- [EXERCISE DIRECTIONS]:
Starting at the top of the records, output every line through the one that contains "abbrev held_by : Record → ℕ", keeping each exactly as it appears.

[Dataset entries]
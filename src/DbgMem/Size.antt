-- ===== src/DbgMem/Size.antt =====
-- The accounting of src/dbg_malloc.cpp: through every call the table stays sound, so its size is the
-- sum of the records in use and the cursors stay in range.
use opentelemetry_c_wrapper.Prelude.{
  ℕ, zero, suc, ◌+◌, ◌%◌, ◌<◌, ◌≡◌, refl, ap, ◌∙◌, true, false, arith, ◌==◌, if◌then◌else◌, List,
  [], ◌∷◌, Option, length, set, length-set,
}
use opentelemetry_c_wrapper.DbgMem.{
  Mem, Record, Op, op_alloc, op_realloc, op_free, cell, used_size, word, sub64, counted, add_record,
  less_size, drop_record,
}
use opentelemetry_c_wrapper.DbgMem.Slots.{IsSound, used_at}

-- The bytes that a record stands for.
abbrev held_by : Record → ℕ
held_by r = if r.used then r.size else 0

used_size-set :
    (rs : List Record) (i : ℕ) (r : Record)
    → i < length rs
    → used_size (set rs i r) + held_by (cell rs i) ≡ used_size rs + held_by r
unfolding used_size cell
used_size-set [] i r h = absurd (omega arith)
used_size-set (q ∷ qs) zero r h = omega arith
used_size-set (q ∷ qs) (suc i) r h = omega (arith, used_size-set qs i r (omega arith))

pub cell-set :
    (rs : List Record) (i j : ℕ) (r : Record)
    → i < length rs
    → cell (set rs i r) j ≡ (if j == i then r else cell rs j)
unfolding cell
cell-set [] i j r h = absurd (omega arith)
cell-set (q ∷ qs) zero zero r h = refl
cell-set (q ∷ qs) zero (suc j) r h = ground arith
cell-set (q ∷ qs) (suc i) zero r h = ground arith
cell-set (q ∷ qs) (suc i) (suc j) r h = cell-set qs i j r (omega arith) ∙ ground arith

counted-IsSound : (op : Op) (m : Mem) → IsSound m → IsSound (counted op m)
unfolding counted
counted-IsSound op_alloc m w = record {
  filled = w.filled;
  some_cell = w.some_cell;
  assigned_bound = w.assigned_bound;
  reused_bound = w.reused_bound;
  fresh = w.fresh;
  sized = w.sized;
}
counted-IsSound op_realloc m w = record {
  filled = w.filled;
  some_cell = w.some_cell;
  assigned_bound = w.assigned_bound;
  reused_bound = w.reused_bound;
  fresh = w.fresh;
  sized = w.sized;
}
counted-IsSound op_free m w = record {
  filled = w.filled;
  some_cell = w.some_cell;
  assigned_bound = w.assigned_bound;
  reused_bound = w.reused_bound;
  fresh = w.fresh;
  sized = w.sized;
}

-- A record of the table below the high-water mark is written, and the size follows.
written-IsSound :
    (m : Mem) (i : ℕ) (r : Record) (z : ℕ)
    → IsSound m
    → i < m.assigned
    → z ≡ used_size (set m.data_cells i r) % word
    → IsSound (record m { data_cells = set m.data_cells i r; size = z })
unfolding cell
written-IsSound m i r z w h e = record {
  filled = length-set m.data_cells i r ∙ w.filled;
  some_cell = w.some_cell;
  assigned_bound = w.assigned_bound;
  reused_bound = w.reused_bound;
  fresh = λ j b.
      ap (λ (q : Record). q.used)
        (cell-set m.data_cells i j r (omega (arith, h, w.filled, w.assigned_bound)))
      ∙ ground (arith, h, b, w.fresh j b);
  sized = e;
}

pub add_record-IsSound :
    (i : ℕ) (p : Option ℕ) (n : ℕ) (op : Op) (m : Mem)
    → IsSound m
    → i < m.assigned
    → used_at m i ≡ false
    → IsSound (add_record i p n op m)
unfolding add_record
add_record-IsSound i p n op m w h e =
    let r : Record = record { ptr = p; size = n; used = true } in
    let q = used_size-set m.data_cells i r (omega (arith, h, w.filled, w.assigned_bound)) in
    counted-IsSound op _
      (written-IsSound m i r ((m.size + n) % word) w h (ground (arith, e, q, w.sized)))

pub drop_record-IsSound :
    (i : ℕ) (m : Mem) → IsSound m → i < m.assigned → used_at m i ≡ true → IsSound (drop_record i m)
unfolding drop_record less_size
drop_record-IsSound i m w h e =
    let d = cell m.data_cells i in
    let r : Record = record { ptr = d.ptr; size = d.size; used = false } in
    let b : i < length m.data_cells = omega (arith, h, w.filled, w.assigned_bound) in
    let q = used_size-set m.data_cells i r b in
    let same : (cell (set m.data_cells i r) i).size ≡ d.size =
      rw (cell-set m.data_cells i i r b) (ground arith) in
    counted-IsSound op_free _ (
      written-IsSound m i r (sub64 m.size (cell (set m.data_cells i r) i).size) w h
        (rw same (ground (arith, e, q, w.sized))))

-- A record that moves: its size is taken off, and the new one is put on.
pub moved_record-IsSound :
    (i : ℕ) (p : Option ℕ) (n : ℕ) (m : Mem)
    → IsSound m
    → i < m.assigned
    → used_at m i ≡ true
    → IsSound (add_record i p n op_realloc (less_size i m))
unfolding add_record less_size
moved_record-IsSound i p n m w h e =
    let d = cell m.data_cells i in
    let r : Record = record { ptr = p; size = n; used = true } in
    let q = used_size-set m.data_cells i r (omega (arith, h, w.filled, w.assigned_bound)) in
    counted-IsSound op_realloc _
      (written-IsSound m i r ((sub64 m.size d.size + n) % word) w h (ground (arith, e, q, w.sized)))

- [WORKED SOLUTION]:
filename src/DbgMem/Size.antt
-- ===== src/DbgMem/Size.antt =====
-- The accounting of src/dbg_malloc.cpp: through every call the table stays sound, so its size is the
-- sum of the records in use and the cursors stay in range.
use opentelemetry_c_wrapper.Prelude.{
  ℕ, zero, suc, ◌+◌, ◌%◌, ◌<◌, ◌≡◌, refl, ap, ◌∙◌, true, false, arith, ◌==◌, if◌then◌else◌, List,
  [], ◌∷◌, Option, length, set, length-set,
}
use opentelemetry_c_wrapper.DbgMem.{
  Mem, Record, Op, op_alloc, op_realloc, op_free, cell, used_size, word, sub64, counted, add_record,
  less_size, drop_record,
}
use opentelemetry_c_wrapper.DbgMem.Slots.{IsSound, used_at}

-- The bytes that a record stands for.
abbrev held_by : Record → ℕ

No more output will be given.